Enhanced assessment of disaster risks, adaptive capabilities and scenario building based on available historical data and projections

The assessment of disaster risks requires different types of actions ranging from soft measures to technologies. Simulation-based risk and impact assessments represent an effective approach to make science understandable to decision makers and streamline national to local mitigation/adaptation actions. This is especially the case if they are integrated with evaluation tools for cost-benefit/effectiveness and multi-criteria analyses, data-farming experiments, serious games, and are tailored to meet end-user’s needs, to assess the effectiveness of alternative options in different phases of the Disaster Risk Management cycle.

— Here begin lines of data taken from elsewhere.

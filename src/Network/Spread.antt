-- ===== src/Network/Spread.antt =====
-- Where a definition gets to: the TFILE_DEF branch of `readWorker` of src/client.c at every node.
use mathlib.Core.List.{Memᴰ}
use mathlib.Core.List.Memᴰ
use grintorrent.Base.{
  ℕ, ◌≡◌, ◌≢◌, refl, sym, ◌∙◌, ap, Bool-cases, ◌⊎◌, inl, inr, List, [], ◌∷◌, ◌++◌, ◌==◌, ℕ_discrete,
  ==_iff,
}
use grintorrent.System.{Md5}
use grintorrent.Tfile.{TfileDef, zero_digest}
use grintorrent.Share.Wire.{IsDef}
use grintorrent.Network.{Packet, Network, Step, Steps, none_yet, one_more}
use grintorrent.Network.Members.{Has}
use grintorrent.Network.Deliveries.{
  skip, broadcast, IsFlood, Effect, mem-without, broadcast-source, Step-Effect,
}

mem-skip : (f k : ℕ) (ks : List ℕ) → k ≢ f → Memᴰ k ks → Memᴰ k (skip f ks)
unfolding skip
mem-skip f k [] ne mem = absurd (Memᴰ.not-nil mem)
mem-skip f k (x ∷ ks) ne mem = elim (Bool-cases (x == f)) [
  | inl own ↦ rw own (elim (Memᴰ.cases_cons mem) [
    | inl e ↦ absurd (ne (e ∙ (==_iff x f).0 own))
    | inr later ↦ mem-skip f k ks ne later
  ])
  | inr other ↦ rw other (elim (Memᴰ.cases_cons mem) [
    | inl e ↦ Memᴰ.head e
    | inr later ↦ Memᴰ.tail (mem-skip f k ks ne later)
  ])
]

pub mem-broadcast_target :
    (n k : ℕ) (bytes ks : List ℕ)
    → Memᴰ k ks
    → Memᴰ (record { source = n; target = k; bytes = bytes }) (broadcast n bytes ks)
unfolding broadcast
mem-broadcast_target n k bytes [] mem = absurd (Memᴰ.not-nil mem)
mem-broadcast_target n k bytes (x ∷ ks) (Memᴰ.head e) =
    Memᴰ.head
      (ap (λ (j : ℕ). let p : Packet = record { source = n; target = j; bytes = bytes } in p) e)
mem-broadcast_target n k bytes (x ∷ ks) (Memᴰ.tail mem) =
    Memᴰ.tail (mem-broadcast_target n k bytes ks mem)

-- A packet from one node to another is under way.
pub record IsUnderway (flight : List Packet) (n k : ℕ) : Type 0 where
  pub packet : Packet
  pub among : Memᴰ packet flight
  pub from : packet.source ≡ n
  pub to : packet.target ≡ k

module _ (t : TfileDef) (neighbours : ℕ → List ℕ) where
  -- From neighbour to neighbour
  pub data Walk (o : ℕ) : ℕ → Type 0 where
    stays : Walk o o
    goes : {n k : ℕ} → Walk o n → Memᴰ k (neighbours n) → Walk o k

  -- Whoever sent a packet has the definition, and whoever has it sent it to each neighbour: that one
  -- has it, or a packet is under way.
  pub record IsSpreading (net : Network) : Type 0 where
    pub flood : IsFlood t neighbours net
    pub sources : (p : Packet) → Memᴰ p net.flight → Has t (net.members p.source).ht
    pub covered :
        (n k : ℕ)
        → Has t (net.members n).ht
        → Memᴰ k (neighbours n)
        → Has t (net.members k).ht ⊎ IsUnderway net.flight n k

  module _ {net net' : Network} (effect : Effect t neighbours net net') where
    Has-Effect : (n : ℕ) → Has t (net.members n).ht → Has t (net'.members n).ht
    Has-Effect n has = elim (ℕ_discrete n effect.packet.target) [
      | yes e ↦ rw e effect.has
      | no ne ↦ rw (effect.kept n ne) has
    ]

    -- What was under way still is, or it has arrived.
    IsUnderway-Effect :
        (n k : ℕ)
        → IsUnderway net.flight n k
        → Has t (net'.members k).ht ⊎ IsUnderway net'.flight n k
    IsUnderway-Effect n k u =
        let stays_among = λ (mem : Memᴰ u.packet (effect.before ++ effect.after)).
          let it : IsUnderway net'.flight n k = record {
            packet = u.packet;
            among = rw effect.now (Memᴰ.append_left _ mem);
            from = u.from;
            to = u.to;
          } in
          it in
        elim (Memᴰ.append_cases effect.before (rw effect.was at u.among)) [
          | inl b ↦ inr (stays_among (Memᴰ.append_left effect.after b))
          | inr l ↦ elim (Memᴰ.cases_cons l) [
            | inl e ↦ inl (rw (sym u.to ∙ ap (λ (p : Packet). p.target) e) effect.has)
            | inr a ↦ inr (stays_among (Memᴰ.append_right effect.before a))
          ]
        ]

    -- The one that the packet came from has the definition.
    module _ (s : IsSpreading net) where
      source_has : Has t (net'.members effect.packet.source).ht
      source_has = Has-Effect effect.packet.source (
          s.sources effect.packet
            (rw effect.was (Memᴰ.append_right effect.before (Memᴰ.head refl))))

      sent_to :
          (k : ℕ)
          → Memᴰ k (neighbours effect.packet.target)
          → Has t (net'.members k).ht ⊎ IsUnderway net'.flight effect.packet.target k
      sent_to k mem = elim (ℕ_discrete k effect.packet.source) [
        | yes e ↦ inl (rw e source_has)
        | no ne ↦ inr (record {
          packet = record { source = effect.packet.target; target = k; bytes = effect.bytes };
          among = rw effect.now (
              Memᴰ.append_right (effect.before ++ effect.after) (
                mem-broadcast_target effect.packet.target k effect.bytes _
                  (mem-skip effect.packet.source k _ ne mem)));
          from = refl;
          to = refl;
        })
      ]

      sources_after : (q : Packet) → Memᴰ q net'.flight → Has t (net'.members q.source).ht
      sources_after q mem =
          elim (Memᴰ.append_cases (effect.before ++ effect.after) (rw effect.now at mem)) [
            | inl old ↦ Has-Effect q.source (
                s.sources q
                  (rw effect.was (mem-without effect.before effect.after effect.packet q old)))
            | inr new ↦ rw (broadcast-source effect.packet.target _ _ q new).0 effect.has
          ]

      covered_after :
          (n k : ℕ)
          → Has t (net'.members n).ht
          → Memᴰ k (neighbours n)
          → Has t (net'.members k).ht ⊎ IsUnderway net'.flight n k
      covered_after n k has mem = elim (ℕ_discrete n effect.packet.target) [
        | yes e ↦ rw e (sent_to k (rw e at mem))
        | no ne ↦ elim (s.covered n k (rw (effect.kept n ne) at has) mem) [
          | inl arrived ↦ inl (Has-Effect k arrived)
          | inr underway ↦ IsUnderway-Effect n k underway
        ]
      ]

      Effect-IsSpreading : IsSpreading net'
      Effect-IsSpreading = record {
        flood = effect.flood;
        sources = sources_after;
        covered = covered_after;
      }

  -- Where nothing is under way, the definition is everywhere that it can get to.
  pub spread_everywhere :
      (net : Network)
      → IsSpreading net
      → net.flight ≡ []
      → (o k : ℕ) → Walk o k
      → Has t (net.members o).ht
      → Has t (net.members k).ht
  spread_everywhere net s none o k stays has = has
  spread_everywhere net s none o k (goes {n} walk mem) has =
      elim (s.covered n k (spread_everywhere net s none o n walk has) mem) [
        | inl arrived ↦ arrived
        | inr u ↦ absurd (Memᴰ.not-nil (rw none at u.among))
      ]

  module _ (m : Md5) (nz : t.f_hash ≢ zero_digest) (def : IsDef t) where
    pub Step-IsSpreading :
        {net net' : Network} → IsSpreading net → Step m net net' → IsSpreading net'
    Step-IsSpreading s step = Effect-IsSpreading (Step-Effect t neighbours m nz def s.flood step) s

    pub Steps-IsSpreading :
        {net : Network} {c : ℕ} {net' : Network}
        → Steps m net c net'
        → IsSpreading net
        → IsSpreading net'
    Steps-IsSpreading none_yet s = s
    Steps-IsSpreading (one_more steps step) s = Step-IsSpreading (Steps-IsSpreading steps s) step

    pub Has-Steps :
        (n : ℕ) {net : Network} {c : ℕ} {net' : Network}
        → Steps m net c net'
        → IsSpreading net
        → Has t (net.members n).ht
        → Has t (net'.members n).ht
    Has-Steps n none_yet s has = has
    Has-Steps n (one_more steps step) s has =
        Has-Effect (Step-Effect t neighbours m nz def (Steps-IsSpreading steps s).flood step) n
          (Has-Steps n steps s has)

    -- What any run leaves
    pub Steps-Walk :
        {c : ℕ} {net net' : Network} (o k : ℕ)
        → IsSpreading net
        → Has t (net.members o).ht
        → Walk o k
        → Steps m net c net'
        → net'.flight ≡ []
        → Has t (net'.members k).ht
    Steps-Walk {net'} o k s has walk steps none =
        spread_everywhere net' (Steps-IsSpreading steps s) none o k walk (Has-Steps o steps s has)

Specific risk assessments should be decision- or demand-driven and informed by scientific evidence, and there is a clear need to translate the results to ensure they are relevant, usable, legitimate and credible from the perspectives of the users. Co-design, co-development, co-dissemination and co-evaluation engaging the intended end users represent in this sense key features of improved risk, resilience and impact assessments.

In a first place, the acquisition of data is an essential feature and this requires innovative solutions for faster risk assessment and reduction. This includes the identification of precursors for different types of threats, supporting the design or improvement of risk-targeted monitoring programmes. In addition, risk assessments themselves are primarily designed to predict the likelihood of a specific event, whereas what is of primary concern is the impact of that event on society, infrastructure, governance, etc. Numerous experiences gathered in the natural hazards area showed that an enhanced assessment of risks and scenario building may be improved by taking into account reliable data (both quantitative and qualitative) and historical occurrences, when available, including disaster loss data (studies of past events in particular low-probability / long-time recurrence events). This includes for example a higher completeness of the historical-geological records of volcanic eruptions, major earthquakes, tsunamis etc.

In the case of extreme climate events such as storms and related storm surges, or health crises (outbreaks, pandemics) the analysis should draw on the outputs of state-of-the-art climate projections, including by taking into account the uncertainties brought on by climate change and our state of knowledge of the key processes underpinning the functioning of the Earth system.In cases where there are not be enough historical data and a high level of uncertainty, assessments and decision making will have to rely on qualitative data.

The action should take into account disaster loss databases and risk data repositories in Member States and relevant hubs. This topic requires the effective contribution of SSH disciplines and the involvement of SSH experts, institutions as well as the inclusion of relevant SSH expertise, in order to produce meaningful and significant effects enhancing the societal impact of the related research activities. In order to achieve the expected outcomes, international cooperation is encouraged.

Where possible and relevant, synergy-building and clustering initiatives with successful proposals in the same area should be considered, including the organisation of international conferences in close coordination with the Community for European Research and Innovation for Security (CERIS) activities and/or other international events.